Questions: A manufacturer sells 40 boats per month at 45000 per boat, and each month demand is increasing at a rate of 3 boats per month. What is the fastest the price could drop before the monthly revenue starts to drop? [Revenue = Price × Quantity]
Transcript text: A manufacturer sells 40 boats per month at $\$ 45000$ per boat, and each month demand is increasing at a rate of 3 boats per month. What is the fastest the price could drop before the monthly revenue starts to drop? [Revenue $=$ Price $\times$ Quantity]
Solution
Solution Steps
To determine the fastest the price could drop before the monthly revenue starts to drop, we need to find the rate of change of revenue with respect to price and set it to zero.

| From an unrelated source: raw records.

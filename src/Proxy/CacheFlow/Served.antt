-- ===== src/Proxy/CacheFlow/Served.antt =====
-- cmd/proxy/router.go, serveWithCache: what those who waited for a fill find.
use proxy_manager.Prelude.{
  ℕ, ◌+◌, ◌<◌, ◌≡◌, ◌∙◌, sym, ap, refl, Bool, true, false, Option, none, some, [], ◌∷◌, Bytes,
  bytes_eq, nat_eq, ◌==◌, if◌then◌else◌, Bool-cases, inl, inr, arith,
}
use proxy_manager.Prelude.Assoc.{lookup}
use proxy_manager.Proxy.Cache.{
  CacheEntry, ResponseCache, get, over_bounds, store_entry, end_fill, is_fill,
}
use proxy_manager.Proxy.Cache.Reads.{get_lem, get-put}
use proxy_manager.Proxy.Cache.Fills.{put-inflight, end_fill-held}
use proxy_manager.Proxy.Recorder.{CacheRecorder, entry}
use proxy_manager.Proxy.Recorder.Whole.{entry-some}
use proxy_manager.Proxy.CacheFlow.{
  answered, serve_resume, resume_from, store_recorded, run_call, run_calls, deferred, serve_finish,
}

end_fill-keeps :
    (k : Bytes) (f : ℕ) (c : ResponseCache)
    → ((end_fill k f c).entries ≡ c.entries) × ((end_fill k f c).ttl ≡ c.ttl)
unfolding end_fill
end_fill-keeps k f c = elim (Bool-cases (is_fill (lookup k c.inflight) f)) [
  | inl own ↦ rw own (refl, refl)
  | inr stale ↦ rw stale (refl, refl)
]

get-end_fill :
    (k j : Bytes) (f now : ℕ) (c : ResponseCache) → (get j now (end_fill k f c)).0 ≡ (get j now c).0
get-end_fill k j f now c =
    rw
      (
        get_lem j now (end_fill k f c),
        get_lem j now c,
        (end_fill-keeps k f c).0,
        (end_fill-keeps k f c).1,
      )
      refl

resume_from-hit :
    (p : Option CacheEntry × ResponseCache) (e : CacheEntry)
    → p.0 ≡ some e
    → (resume_from p).0 ≡ answered e
unfolding resume_from
resume_from-hit (some x, c) e h = ground (arith, h)
resume_from-hit (none, c) e h = cc

if_true : {A : Type 0} (t : Bool) (x y : A) → t ≡ true → (if t then x else y) ≡ x
if_true t x y h = rw h refl

-- A request that owned a key's fill and returned with a storable response runs two deferred calls.
-- Already the first leaves a store from which everyone who waited for it, until the TTL has passed, is
-- answered, so that none of them goes to the backend, while the fill is still held; the second
-- leaves the answers and frees the key. The response must fit the bounds of the store. Had the
-- dispatch panicked, the same calls would store nothing and free the key as well.
pub serve_finish-serves_waiters :
    (key : Bytes) (f now later : ℕ) (w : CacheRecorder) (e : CacheEntry) (c : ResponseCache)
    → lookup key c.inflight ≡ some f
    → entry now w ≡ some e
    → over_bounds (store_entry key e c) ≡ false
    → later < now + c.ttl
    → (c1 : ResponseCache) × (c2 : ResponseCache) × (serve_finish (some f) true key now w c
        ≡ some (c1 ∷ c2 ∷ []))
      × ((serve_resume key later c1).0 ≡ answered e)
      × (lookup key c1.inflight ≡ some f)
      × ((serve_resume key later c2).0 ≡ answered e)
      × (lookup key c2.inflight ≡ none)
      × (c3 : ResponseCache) × (serve_finish (some f) false key now w c ≡ some (c ∷ c3 ∷ []))
      × (c3.entries ≡ c.entries)
      × (lookup key c3.inflight ≡ none)
unfolding serve_finish deferred run_calls run_call store_recorded serve_resume
serve_finish-serves_waiters key f now later w e c owned recorded fits soon =
    let (_, _, _, made) = entry-some now w e recorded in
    let timed : e.stored_at ≡ now = sym (ap (λ x. x.stored_at) made) in
    let (c1, put_ends, reads) = get-put key key e now later c fits (rw timed soon) in
    let same : (key == key) ≡ true = (bytes_eq.eq_test_iff key key).1 refl in
    let held : lookup key c1.inflight ≡ some f =
      ap (lookup key) (put-inflight key e now c c1 put_ends) ∙ owned in
    let stored = reads ∙ if_true _ _ _ same in
    (
      c1,
      end_fill key f c1,
      rw (recorded, store_recorded, put_ends) refl,
      resume_from-hit (get key later c1) e stored,
      held,
      resume_from-hit (get key later (end_fill key f c1)) e
          (get-end_fill key key f later c1 ∙ stored),
      end_fill-held key key f c1 held ∙ rw same refl,
      end_fill key f c,
      refl,
      (end_fill-keeps key f c).0,
      end_fill-held key key f c owned ∙ rw same refl,
    )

This involves calculating the derivative of the revenue function and solving for the price drop rate.
Step 1: Define Revenue Function
The revenue \( R \) is given by the product of price \( P \) and quantity \( Q \):
\[ R = P \times Q \]
Step 2: Substitute Quantity
Given that the initial quantity is 40 boats and the demand is increasing at a rate of 3 boats per month, the quantity \( Q \) can be expressed as:
\[ Q = 40 + 3 = 43 \]
Step 3: Differentiate Revenue with Respect to Price
To find the rate at which the price can drop before the revenue starts to drop, we need to differentiate the revenue function with respect to price \( P \):
\[ \frac{dR}{dP} = Q \]
Step 4: Set the Derivative to Zero
For the revenue to start dropping, the derivative of the revenue with respect to price must be zero:
\[ \frac{dR}{dP} = 43 \]
Since the derivative is a constant (43), it implies that the revenue is always increasing with respect to price. Therefore, there is no rate at which the price can drop that will cause the revenue to start dropping.